Высокополиморфные молекулы MHC-II имеют открытую борозду связывания пептидов, вмещающую длинные пептиды и даже белки, в отличие от MHC-I. Твердофазный синтез пептидов в случае относительно длинных молекул является дорогостоящим и труднодоступным. Чтобы решить эту проблему, мы использовали слитые пептиды, которые можно производить в E. coli в больших количествах с низкими затратами. Ранее мы продемонстрировали, что белок-носитель trx способствует связыванию пептидных эпитопов с сывороточными аутоантителами пациентов с рассеянным склерозом [12]. Кроме того, trx увеличивает выход экспрессии, улучшает растворимость и стабильность антигенных пептидов, что может быть критическим моментом для синтетических аналогов. Мы использовали ранее опубликованные конструкции, содержащие пептид (HA_306–318(PKYVKQNTLKLAT) или MBP_81–104(QDENPVVHFFKNIVTPRTPPPSQG)), связанный через серин-глициновый линкер с C-концом бактериального trx, меченного кластером 6xHis [13]. Конструкция, содержащая только trx-6His и серин-глициновый линкер, использовалась в качестве отрицательного контроля.

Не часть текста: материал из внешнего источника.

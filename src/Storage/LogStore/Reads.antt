-- ===== src/Storage/LogStore/Reads.antt =====
-- What the reads of log_store.rs give on a log.
use settled.Prelude.{
  ℕ, zero, suc, ◌+◌, ◌-◌, ◌≤◌, List, [], ◌∷◌, ◌++◌, Option, none, some, ◌≡◌, refl, ap, sym, ◌∙◌,
  arith, inl, inr, length, take, drop, get_elem?, map, All, All-drop, All-append,
  be_bytes_injective, ==_ne, eq-cases,
}
use mathlib.Core.List.{reverse, reverse-cons, map-append}
use settled.Prelude.Results.{ok}
use settled.Core.Split.{IsU64}
use mathlib.Core.Option
use settled.Core.Hash.Collisions.{bytes_eq_iff}
use settled.Storage.Types.{LogEntry, log_entry_proto_from}
use settled.Storage.Rows.Put.{bytes_eq_ne}
use settled.Storage.Rows.{Row, u64_key, find_row, rows_from, rows_in, end, from_forward}
use settled.Storage.Rocks.{Rocks, Prost, cf_log}
use settled.Storage.LogStore.{DbInner, get_by_seq, seq_range, latest, count, found_entry}
use settled.Storage.LogStore.Log.{
  IsEntry, IsNumbered, log_row, IsLog, rows_from-numbered, range_loop-numbered, latest_loop-rows,
  entry_of_value-encoded,
}

pub IsNumbered-drop :
    (s n k : ℕ) (es : List LogEntry) → k ≡ n + s → IsNumbered n es → IsNumbered k (drop s es)
IsNumbered-drop zero n k es e num = let same : k ≡ n = omega arith in rw same num
IsNumbered-drop (suc s) n k [] e num = tt
IsNumbered-drop (suc s) n k (x ∷ es) e (at, num) = IsNumbered-drop s (n + 1) k es (omega arith) num

reverse-map : (f : LogEntry → Row) (es : List LogEntry) → reverse (map f es) ≡ map f (reverse es)
reverse-map f [] = refl
reverse-map f (e ∷ es) =
    reverse-cons (f e) (map f es)
    ∙ ap (λ (xs : List Row). xs ++ f e ∷ []) (reverse-map f es)
    ∙ sym (map-append f (reverse es) (e ∷ []))
    ∙ ap (map f) (sym (reverse-cons e es))

All-reverse : (es : List LogEntry) → All IsEntry es → All IsEntry (reverse es)
All-reverse [] h = tt
All-reverse (e ∷ es) (he, h) =
    rw (reverse-cons e es) (All-append IsEntry (reverse es) (e ∷ []) (All-reverse es h) (he, tt))

pub u64_key_injective : (a b : ℕ) → IsU64 a → IsU64 b → u64_key a ≡ u64_key b → a ≡ b
unfolding u64_key
u64_key_injective a b ha hb e = be_bytes_injective 8 a b ha hb e

All-get_elem? :
    (es : List LogEntry) (i : ℕ) (e : LogEntry)
    → All IsEntry es
    → get_elem? es i ≡ some e
    → IsEntry e
All-get_elem? [] i e h at = cc
All-get_elem? (x ∷ es) zero e h at = let same : e ≡ x = cc in rw same h.0
All-get_elem? (x ∷ es) (suc i) e h at = All-get_elem? es i e h.1 at

module _ (r : Rocks) (m : Prost) where
  -- The rows a forward scan gives.
  pub scan_from :
      (inner : DbInner r m) (es : List LogEntry) (s : ℕ)
      → IsLog r m inner es
      → IsU64 s
      → r.iterator_cf inner.db cf_log (from_forward (u64_key s))
        ≡ map some (map (log_row r m) (drop s es))
  unfolding rows_in
  scan_from inner es s (readable, rows, entries, numbered, next, few) h =
      r.iterator_cf-IsReadable inner.db cf_log (from_forward (u64_key s)) readable
      ∙ ap (map some) (
          ap (rows_from (u64_key s)) rows
          ∙ rows_from-numbered r m s 0 es h entries numbered
          ∙ ap (λ (t : ℕ). map (log_row r m) (drop t es)) (omega arith))

  pub seq_range-IsLog :
      (inner : DbInner r m) (es : List LogEntry) (s e : ℕ)
      → IsLog r m inner es
      → IsU64 s
      → seq_range r m inner s e ≡ ok (take (e - s) (drop s es))
  unfolding seq_range
  seq_range-IsLog inner es s e log h = rw (scan_from inner es s log h) (
      range_loop-numbered r m e s (drop s es) (All-drop IsEntry s es log.2)
        (IsNumbered-drop s 0 s es (omega arith) log.3))

  -- The rows a backward scan gives.
  pub scan_back :
      (inner : DbInner r m) (es : List LogEntry)
      → IsLog r m inner es
      → r.iterator_cf inner.db cf_log end ≡ map some (map (log_row r m) (reverse es))
  unfolding rows_in
  scan_back inner es (readable, rows, entries, numbered, next, few) =
      r.iterator_cf-IsReadable inner.db cf_log end readable
      ∙ ap (map some) (ap reverse rows ∙ reverse-map (log_row r m) es)

  latest-IsLog :
      (inner : DbInner r m) (es : List LogEntry) (n : ℕ)
      → IsLog r m inner es
      → latest r m inner n ≡ ok (take n (reverse es))
  unfolding latest
  latest-IsLog inner es zero log = refl
  latest-IsLog inner es (suc n) log =
      rw (==_ne (suc n) 0 (omega arith), scan_back inner es log)
        (latest_loop-rows r m (suc n) 0 (reverse es) (All-reverse es log.2) (omega arith)
          ∙ ap (λ (t : ℕ). ok (take t (reverse es))) {y = suc n} (omega arith))

  find_row-numbered :
      (s n : ℕ) (es : List LogEntry)
      → IsU64 s
      → n ≤ s
      → All IsEntry es
      → IsNumbered n es
      → find_row (u64_key s) (map (log_row r m) es)
        ≡ Option.map (λ e. m.encoded (log_entry_proto_from e)) (get_elem? es (s - n))
  unfolding find_row
  find_row-numbered s n [] hs l all num = refl
  find_row-numbered s n (e ∷ es) hs l (he, all) (at, num) = elim (eq-cases e.seq s) [
    | inl here ↦
        let first : s - n ≡ 0 = omega arith in
        rw ((bytes_eq_iff (u64_key e.seq) (u64_key s)).1 (ap u64_key here), first)
    | inr other ↦
        let later : s - n ≡ suc (s - (n + 1)) = omega arith in
        rw
          (
            bytes_eq_ne (u64_key e.seq) (u64_key s)
                (λ same. other (u64_key_injective e.seq s he.0 hs same)),
            later,
          )
          (find_row-numbered s (n + 1) es hs (omega arith) all num)
  ]

  found_entry-entry :
      (o : Option LogEntry)
      → ((e : LogEntry) → o ≡ some e → IsEntry e)
      → found_entry r m (Option.map (λ e. m.encoded (log_entry_proto_from e)) o) ≡ ok o
  unfolding found_entry
  found_entry-entry none h = refl
  found_entry-entry (some e) h = rw (entry_of_value-encoded r m e (h e refl))

  get_by_seq-IsLog :
      (inner : DbInner r m) (es : List LogEntry) (s : ℕ)
      → IsLog r m inner es
      → IsU64 s
      → get_by_seq r m inner s ≡ ok (get_elem? es s)
  unfolding get_by_seq
  get_by_seq-IsLog inner es s log h =
      rw
        (
          r.get_cf-IsReadable inner.db cf_log (u64_key s) log.0,
          log.1,
          find_row-numbered s 0 es h (omega arith) log.2 log.3,
        )
        (found_entry-entry (get_elem? es (s - 0)) (λ e at. All-get_elem? es (s - 0) e log.2 at)
          ∙ ap (λ (t : ℕ). ok (get_elem? es t)) (omega arith))

  -- On a database that holds a log, and a start of 64 bits, the reads are those of a list: `get_by_seq` its element,
  -- `seq_range` a segment, `latest` its last elements from the end, and `count` its length.
  pub reads-IsLog :
      (inner : DbInner r m) (es : List LogEntry) (s e n : ℕ)
      → IsLog r m inner es
      → IsU64 s
      → (get_by_seq r m inner s ≡ ok (get_elem? es s))
        × (seq_range r m inner s e ≡ ok (take (e - s) (drop s es)))
        × (latest r m inner n ≡ ok (take n (reverse es)))
        × (count r m inner ≡ length es)
  unfolding count
  reads-IsLog inner es s e n log h = (
    get_by_seq-IsLog inner es s log h,
    seq_range-IsLog inner es s e log h,
    latest-IsLog inner es n log,
    log.4,
  )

Штамм E. coli BL21(DE3) трансформировали ДНК, кодирующей соответствующие экспрессирующие trx-слитые конструкции, и свежетрансформированные бактерии выращивали в жидкой среде до достижения оптической плотности OD₆₀₀ = 0.6. После индукции изопропил-β-D-1-тиогалактопиранозидом (IPTG) клетки выращивали при 37 °C в течение еще 16 часов, затем лизировали. Trx-пептиды очищали с помощью аффинной хроматографии на агарозе никель-нитрилотриуксусной кислоты (Ni-NTA) (рис. 1). Чистота выделенных белков превышала 90% при анализе с помощью электрофореза SDS-PAGE. Активацию клеток CD4⁺ TCR⁺ Jurkat 76 TPR по экспрессии GFP оценивали методом проточной цитометрии. Презентацию trx-пептидов осуществляли одновременно с совместной инкубацией клеток CD80⁺ HLA-DRB1⁺ HeLa и клеток CD4⁺ TCR⁺ Jurkat 76 TPR. Примечательно, что молекулы MHC-II AПК изначально нагружены низкоаффинным пептидом CLIP, что способствует стабильности комплекса MHC-II, который впоследствии вытесняется другими экзогенными пептидами [14]. В нашей экспериментальной системе HLA-DRB1, экспонированный на HeLa, может быть загружен эндогенными пептидами с относительно высоким сродством. Однако высокие концентрации trx-пептидов эффективно вытесняют эндогенные пептиды.

Рис. 1. Схематическое изображение использования trx-пептидов для активации CD4⁺ TCR⁺ клеток Jurkat 76 TPR. Trx-пептиды экспрессировались в E. coli с последующей очисткой с помощью Ni-NTA. Полученный белок загружали на HLA-DRB1*01:01 или HLA-DRB1*15:01 клеточных линий CD80⁺ HeLa и инкубировали с соответствующей клеточной линией CD4⁺ TCR⁺ Jurkat 76 TPR. Последующая активация клеточной линии CD4⁺ TCR⁺ Jurkat 76 TPR происходила за счет образования тримолекулярного комплекса и оценивалась благодаря экспрессии GFP, вызванной активацией NFAT.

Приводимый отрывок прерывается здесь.